Но то, что я держала это в себе, разрушило меня. Поэтому я расскажу вам, что произошло. Мне нужно рассказать об этом здесь, где люди мне поверят.
Шел 2000 год. Мы пережили панику из-за «эффекта 2000 года», конец света не наступил, но мой мир был на грани. Мне было восемнадцать, я только что окончила школу и готовилась к поступлению в колледж осенью. А еще я была влюблена. Его звали Майк.
Мой отец был суровым человеком. Молчаливым, стойким, из тех, кто считает послушание высшей формой любви. Он застал нас во вторник. Майк проводил меня до дома, и мы стояли у гаража, спрятавшись за рододендронами. Мы целовались. В этом не было ничего пошлого; это было мило, неуклюже и страшно.
Задняя дверь открылась. Отец не кричал. Это было самое страшное в нём. Он никогда не кричал. Он просто смотрел. Он посмотрел на Майка, потом на меня глазами, похожими на плоские серые камни. Он велел Майку идти домой. Потом он велел мне идти в свою комнату. Он не разговаривал со мной три дня.
Я думала, он просто игнорирует меня. Я думала, что наказание — это молчание. Я ошибалась.
В пятницу днём он постучал в дверь моей спальни.
— Джулия, — сказал он. Его голос был спокоен. — Мне нужна помощь, чтобы перенести морозильную камеру в подвальное убежище.
Мой отец был параноиком. В конце 90-х он строил «бомбоубежище» за фальшстеной в подвале. Это был его проект на случай, если компьютеры выйдут из строя, а общество рухнет. Я спустилась за ним по деревянной лестнице, мимо печи, к стеллажу, который открывался наружу на тяжёлых петлях.
«Он тяжёлый, — сказал он, указывая внутрь. — Просто встань с другой стороны и толкай».
Я вошла. Комната была бетонной, холодной, пахло сухой пылью и консервированными овощами. Я повернулась, чтобы взяться за угол морозильной камеры.
Я услышала тяжёлый стук стальной двери, а затем металлическое клац-клац-клац — это задвинулись три засова.
— Папа? — позвала я. — Папа, перестань шутить.
Свет мигнул, а потом зажегся ровным светом. Я побежала к двери. Я колотила в нее. Я кричала, пока не почувствовала во рту привкус крови. Я пинала дверь, пока пальцы на ногах не посинели.
Он не ответил. Он не ответил ни в тот день, ни в следующий.
Эта комната стала для меня целой вселенной на три тысячи шестьсот пятьдесят дней.
Первые несколько месяцев были сплошным потоком истерии и отрицания. Я продолжала думать, что это проверка. Покайся, думала я. Если я покаюсь, он меня выпустит. Я выкрикивала извинения в потолок. Я пообещала, что больше никогда не прикоснусь к парню. Я пообещала, что буду ходить в церковь каждый день.

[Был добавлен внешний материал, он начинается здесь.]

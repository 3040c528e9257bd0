-- ===== src/Validation.antt =====
-- src/contracts/validation.cpp and include/pipeforge/validation.hpp: the checks that the codec, the
-- registry and the store share.
-- `utf8_range::IsStructurallyValid` is third-party code: it is the field of `Utf8`.
pub mod Arguments
use stream_labs_test_assingm.Base.{
  ℕ, ◌+◌, ◌/◌, ◌%◌, ◌^◌, Bool, true, false, ◌&&◌, ◌||◌, not, Option, none, some, List, [], ◌∷◌, ltb,
  leb, ◌==◌, if◌then◌else◌, length,
}
use stream_labs_test_assingm.Base.Text.{Text, codes, text_eq}
use stream_labs_test_assingm.Base.Result.{all_of, find_if}
use stream_labs_test_assingm.Contracts.{
  Value, string, int64, double, ValueKind, ErrorCode, RemoteError, NamedValue, Parameter, Method,
  ClassDescription, max_string_bytes, max_entries, max_name_bytes, max_message_nodes,
}

pub record Utf8 : Type 0 where
  pub is_structurally_valid : Text → Bool

unfoldable pub name_character : ℕ → Bool
name_character c =
    (leb b'a' c && leb c b'z')
    || (leb b'A' c && leb c b'Z')
    || (leb b'0' c && leb c b'9')
    || c == b'_'

-- An argument stands for the default `allow_empty = false`.
unfoldable pub valid_name : Text → Bool → Bool
unfolding name_character
valid_name [] allow_empty = allow_empty
valid_name (front ∷ rest) allow_empty =
    if ltb max_name_bytes (length (front ∷ rest)) || (leb b'0' front && leb front b'9')
    then false
    else all_of name_character (front ∷ rest)

unfoldable pub valid_kind : ValueKind → Bool
valid_kind (ValueKind.unknown_kind k) = false
valid_kind _ = true

-- `std::isfinite` on an IEEE-754 binary64 pattern: the exponent is not all ones.
abbrev pub is_finite : ℕ → Bool
is_finite bits = not (bits / 2 ^ 52 % 2 ^ 11 == 2047)

unfoldable pub kind_of : Value → ValueKind
kind_of (string t) = ValueKind.text
kind_of (int64 n) = ValueKind.integer
kind_of (double b) = ValueKind.real

unfoldable pub value_bytes : Value → ℕ
value_bytes (string t) = length t
value_bytes (int64 n) = 8
value_bytes (double b) = 8

unfoldable pub valid_page_size : ℕ → Bool
valid_page_size size = not (size == 0) && leb size max_entries

-- The names seen so far, the `std::set` of `valid_names`.
unfoldable pub name_seen : Text → List Text → Bool
name_seen n [] = false
name_seen n (m ∷ seen) = text_eq n m || name_seen n seen

unfoldable pub valid_names_from : List Text → List Text → Bool
unfolding name_seen
valid_names_from seen [] = true
valid_names_from seen (n ∷ names) =
    valid_name n false && not (name_seen n seen) && valid_names_from (n ∷ seen) names

abbrev pub names_of {ℓ} : {A : Type ℓ} → (A → Text) → List A → List Text
names_of f [] = []
names_of f (x ∷ xs) = f x ∷ names_of f xs

-- The template takes the entries; here the caller gives their names.
unfoldable pub valid_names : List Text → Bool
unfolding valid_names_from
valid_names names = valid_names_from [] names

unfoldable pub valid_parameters : List Parameter → Bool
valid_parameters parameters =
    leb (length parameters) max_entries
    && valid_names (names_of (λ p. p.name) parameters)
    && all_of (λ item. valid_kind item.kind) parameters

module _ ⦃u : Utf8⦄ where
  unfoldable pub valid_value : Value → Bool
  valid_value (string t) = leb (length t) max_string_bytes && u.is_structurally_valid t
  valid_value (int64 n) = true
  valid_value (double b) = is_finite b

  unfoldable pub valid_named_values : List NamedValue → Bool
  valid_named_values entries =
      leb (length entries) max_entries
      && valid_names (names_of (λ e. e.name) entries)
      && all_of (λ item. valid_value item.datum) entries

-- `kind_a == kind_b`, the enum's own comparison.
unfoldable pub kind_eq : ValueKind → ValueKind → Bool
kind_eq ValueKind.text ValueKind.text = true
kind_eq ValueKind.integer ValueKind.integer = true
kind_eq ValueKind.real ValueKind.real = true
kind_eq (ValueKind.unknown_kind j) (ValueKind.unknown_kind k) = j == k
kind_eq _ _ = false

-- `found != end && kind_of(found->data) == kind`
unfoldable pub holds_kind : ValueKind → Option NamedValue → Bool
holds_kind kind none = false
holds_kind kind (some found) = kind_eq (kind_of found.datum) kind

-- std::ranges::find by `named_value::name`
abbrev pub find_named : Text → List NamedValue → Option NamedValue
find_named n entries = find_if (λ e. text_eq e.name n) entries

module _ ⦃u : Utf8⦄ where
  unfoldable pub valid_arguments : List NamedValue → List Parameter → Bool
  unfolding holds_kind
  valid_arguments arguments parameters =
      if not (length arguments == length parameters) || not (valid_named_values arguments)
      then false
      else all_of (λ parameter. holds_kind parameter.kind (find_named parameter.name arguments))
          parameters

-- The loop over the methods; `none` is the early `return false`.
unfoldable pub count_methods : ℕ → List Method → Option ℕ
count_methods nodes [] = some nodes
count_methods nodes (m ∷ methods) =
    let rest = count_methods (nodes + length m.parameters) methods in
    if not (valid_kind m.result_kind) || not (valid_parameters m.parameters) then none else rest

-- `nodes < max_message_nodes` after the loop.
unfoldable pub fits_message : Option ℕ → Bool
fits_message none = false
fits_message (some nodes) = ltb nodes max_message_nodes

unfoldable pub valid_description : ClassDescription → Bool
unfolding count_methods fits_message
valid_description d =
    if not (valid_name d.name false)
      || ltb max_entries (length d.attributes)
      || ltb max_entries (length d.methods)
      || not (valid_names (names_of (λ a. a.name) d.attributes))
      || not (valid_names (names_of (λ m. m.name) d.methods))
      || not (valid_parameters d.constructor_parameters)
    then false
    else if all_of (λ a. valid_kind a.kind) d.attributes
    then fits_message (
        count_methods (1 + length d.attributes + length d.methods + length d.constructor_parameters)
          d.methods)
    else false

unfoldable pub make_error : ErrorCode → RemoteError
make_error ErrorCode.invalid_request = record {
  code = ErrorCode.invalid_request;
  message = codes "Invalid request";
}
make_error ErrorCode.not_found = record {
  code = ErrorCode.not_found;
  message = codes "Resource not found";
}
make_error ErrorCode.quota_exceeded = record {
  code = ErrorCode.quota_exceeded;
  message = codes "Resource limit exceeded";
}
make_error ErrorCode.timeout = record {
  code = ErrorCode.timeout;
  message = codes "Operation timed out";
}
make_error ErrorCode.cancelled = record {
  code = ErrorCode.cancelled;
  message = codes "Operation cancelled";
}
make_error ErrorCode.access_denied = record {
  code = ErrorCode.access_denied;
  message = codes "Session access denied";
}
make_error ErrorCode.transport_failure = record {
  code = ErrorCode.transport_failure;
  message = codes "Transport failure";
}
make_error ErrorCode.unsupported_version = record {
  code = ErrorCode.unsupported_version;
  message = codes "Unsupported protocol version";
}
make_error ErrorCode.numeric_overflow = record {
  code = ErrorCode.numeric_overflow;
  message = codes "Numeric overflow";
}
make_error _ = record { code = ErrorCode.internal_failure; message = codes "Internal failure" }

Мне было восемнадцать. Он сказал полиции, что я собрала вещи и сбежала, чтобы вести «греховный образ жизни». Поскольку я была совершеннолетней, они не стали проводить тщательное расследование. Он был уважаемым пастором; никто не усомнился в словах скорбящего отца, особенно после того, как он показал им прощальное письмо, написанное моим почерком.
Комната была звукоизолирована. Он хорошо её обустроил.
Планировка была простой. Изначально помещение было размером примерно три на три метра. Там стояла раскладушка с тонким матрасом, ведро для отходов (позже его заменили, о чём я расскажу позже), раковина с холодной водой и ящики с продуктами длительного хранения, предназначенными для использования в случае апокалипсиса.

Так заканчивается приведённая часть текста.